S3 Backend with DynamoDB Locking
environments/production/backend.tf:
terraform {
backend "s3" {
bucket = "company-terraform-state-prod"
key = "infrastructure/terraform.tfstate"
region = "us-east-1"
encrypt = true
dynamodb_table = "terraform-state-lock-prod"
# Require MFA for production state access
# Configure this in AWS IAM policies
}
}
Why DynamoDB locking matters:
Without locking, this happens:
- Engineer A runs
terraform apply(takes 5 minutes) - Engineer B runs
terraform applysimultaneously - Both read the same state version
- Both write conflicting changes
- State corruption, resources destroyed
DynamoDB prevents this with pessimistic locking.
State Backend Setup
# Create S3 bucket for state
aws s3api create-bucket \
--bucket company-terraform-state-prod \
--region us-east-1 \
--versioning-configuration Status=Enabled
# Enable encryption
aws s3api put-bucket-encryption \
--bucket company-terraform-state-prod \
--server-side-encryption-configuration \
'{"Rules":[{"ApplyServerSideEncryptionByDefault":{"SSEAlgorithm":"AES256"}}]}'
# Create DynamoDB table for locking
aws dynamodb create-table \
--table-name terraform-state-lock-prod \
--attribute-definitions AttributeName=LockID,AttributeType=S \
--key-schema AttributeName=LockID,KeyType=HASH \
--billing-mode PAY_PER_REQUEST
Pro tip: Enable S3 versioning. When (not if) you corrupt state, you can roll back:
# List state versions
aws s3api list-object-versions --bucket company-terraform-state-prod
# Restore previous version
aws s3api copy-object \
--copy-source company-terraform-state-prod/terraform.tfstate?versionId=VERSION_ID \
--bucket company-terraform-state-prod \
--key terraform.tfstate
Module Design: DRY Without Losing Flexibility
Modules are where most Terraform codebases become unmaintainable. Here’s how to avoid that.
Bad Module: Too Rigid
# modules/database/main.tf - TOO INFLEXIBLE
resource "aws_db_instance" "this" {
identifier = "myapp-db"
instance_class = "db.t3.micro" # Hardcoded!
engine = "postgres"
engine_version = "15.4" # What if I need 14.x?
}
This module is useless. You can’t customize anything.
Bad Module: Too Flexible
# modules/database/variables.tf - TOO MANY VARIABLES
variable "identifier" { type = string }
variable "instance_class" { type = string }
variable "engine" { type = string }
variable "engine_version" { type = string }
variable "allocated_storage" { type = number }
variable "storage_type" { type = string }
variable "iops" { type = number }
variable "multi_az" { type = bool }
variable "publicly_accessible" { type = bool }
# ... 30 more variables
This is just wrapping the AWS API. No value added.

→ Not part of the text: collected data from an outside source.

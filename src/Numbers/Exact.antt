-- ===== src/Numbers/Exact.antt =====
-- `ParseStrict` accepts exactly the non-empty texts of digits whose value fits the type.
use better_steam_tools_ameth.Base.{
  ℕ, ◌+◌, ◌*◌, ◌≡◌, refl, Bool, true, false, ◌&&◌, none, some, [], ◌∷◌, ltb, if◌then◌else◌, arith,
  inl, inr, Bool-cases,
}
use better_steam_tools_ameth.Base.Text.{Bytes}
use better_steam_tools_ameth.Numbers.{
  digit_value, is_digit, read_digits, FromChars, parsed, whole, parse_strict,
}

unfoldable pub all_digits : ℕ → Bytes → Bool
all_digits base [] = true
all_digits base (c ∷ cs) = is_digit base c && all_digits base cs

-- the number that a text of digits stands for, on top of `v`
unfoldable pub value : ℕ → ℕ → Bytes → ℕ
value base v [] = v
value base v (c ∷ cs) = value base (v * base + digit_value c) cs

unfoldable pub is_number : ℕ → ℕ → Bytes → Bool
unfolding all_digits value
is_number base limit [] = false
is_number base limit (c ∷ cs) = all_digits base (c ∷ cs) && ltb (value base 0 (c ∷ cs)) limit

whole_digits :
    (base limit v : ℕ) (s : Bytes)
    → (let (v', rest) = read_digits base v s in
        whole (if ltb v' limit then parsed v' rest else FromChars.out_of_range))
      ≡ (if all_digits base s && ltb (value base v s) limit then some (value base v s) else none)
unfolding read_digits all_digits value
whole_digits base limit v [] = ground arith
whole_digits base limit v (c ∷ cs) = elim (Bool-cases (is_digit base c)) [
  | inl d ↦ rw d (whole_digits base limit (v * base + digit_value c) cs)
  | inr n ↦ rw n (ground arith)
]

-- For every base, type and text the strict parser returns the number that the text stands for if
-- the text is one or more digits of the base and the number fits the type, and nothing otherwise.
pub parse_strict-is_number :
    (base limit : ℕ) (s : Bytes)
    → parse_strict base limit s ≡ (if is_number base limit s then some (value base 0 s) else none)
unfolding parse_strict is_number all_digits value
parse_strict-is_number base limit [] = refl
parse_strict-is_number base limit (c ∷ cs) = elim (Bool-cases (is_digit base c)) [
  | inl d ↦
      let e : 0 * base + digit_value c ≡ digit_value c = omega arith in
      rw (d, e) (whole_digits base limit (digit_value c) cs)
  | inr n ↦ rw n refl
]
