-- ===== src/Bridge/Arg.antt =====
-- The argument that names an application can only be a number.
use better_steam_tools_ameth.Base.{
  ℕ, ◌<◌, ◌^◌, ◌≡◌, ◌≢◌, true, some, [], arith, inl, inr, Option-cases, ◌∷◌, ◌∙◌, Bool-cases,
}
use better_steam_tools_ameth.Base.Text.{Bytes}
use better_steam_tools_ameth.Numbers.{parse_strict}
use better_steam_tools_ameth.Numbers.Exact.{all_digits, value, is_number, parse_strict-is_number}
use better_steam_tools_ameth.Bridge.{one_app, parse_refresh_achievements_arg}

is_number-digits :
    (limit : ℕ) (s : Bytes)
    → is_number 10 limit s ≡ true
    → (all_digits 10 s ≡ true) × (value 10 0 s < limit)
unfolding is_number
is_number-digits limit [] h = absurd (ground arith)
is_number-digits limit (c ∷ cs) h = (ground arith, ground arith)

parse_strict-digits :
    (limit : ℕ) (s : Bytes) (n : ℕ)
    → parse_strict 10 limit s ≡ some n
    → (all_digits 10 s ≡ true) × (value 10 0 s ≡ n) × (n < limit)
parse_strict-digits limit s n h =
    let parsed = parse_strict-is_number 10 limit s in
    elim (Bool-cases (is_number 10 limit s)) [
      | inl e ↦
          let (digits, small) = is_number-digits limit s e in
          let same : value 10 0 s ≡ n = ground arith in (digits, same, omega arith)
      | inr e ↦ absurd (ground arith)
    ]

-- An argument is taken as an application only if it is made of decimal digits and stands for that
-- number, which is neither zero nor too large for 32 bits.
parse_refresh_achievements_arg-one_app :
    (arg : Bytes) (app_id : ℕ)
    → parse_refresh_achievements_arg arg ≡ some (one_app app_id)
    → (all_digits 10 arg ≡ true) × (value 10 0 arg ≡ app_id) × (app_id ≢ 0) × (app_id < 2 ^ 32)
unfolding parse_refresh_achievements_arg
parse_refresh_achievements_arg-one_app arg app_id h =
    elim (Option-cases (parse_strict 10 (2 ^ 32) arg)) [
      | inl e ↦ absurd (ground arith)
      | inr (n, e) ↦
          let (digits, same, small) = parse_strict-digits (2 ^ 32) arg n e in
          let named : n ≡ app_id = ground arith in
          (digits, same ∙ named, λ z. ground arith, ground arith)
    ]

Good Module: Sensible Defaults with Overrides
# modules/database/variables.tf
variable "name" {
description = "Database identifier"
type = string
}
variable "environment" {
description = "Environment (staging, production)"
type = string
validation {
condition = contains(["staging", "production"], var.environment)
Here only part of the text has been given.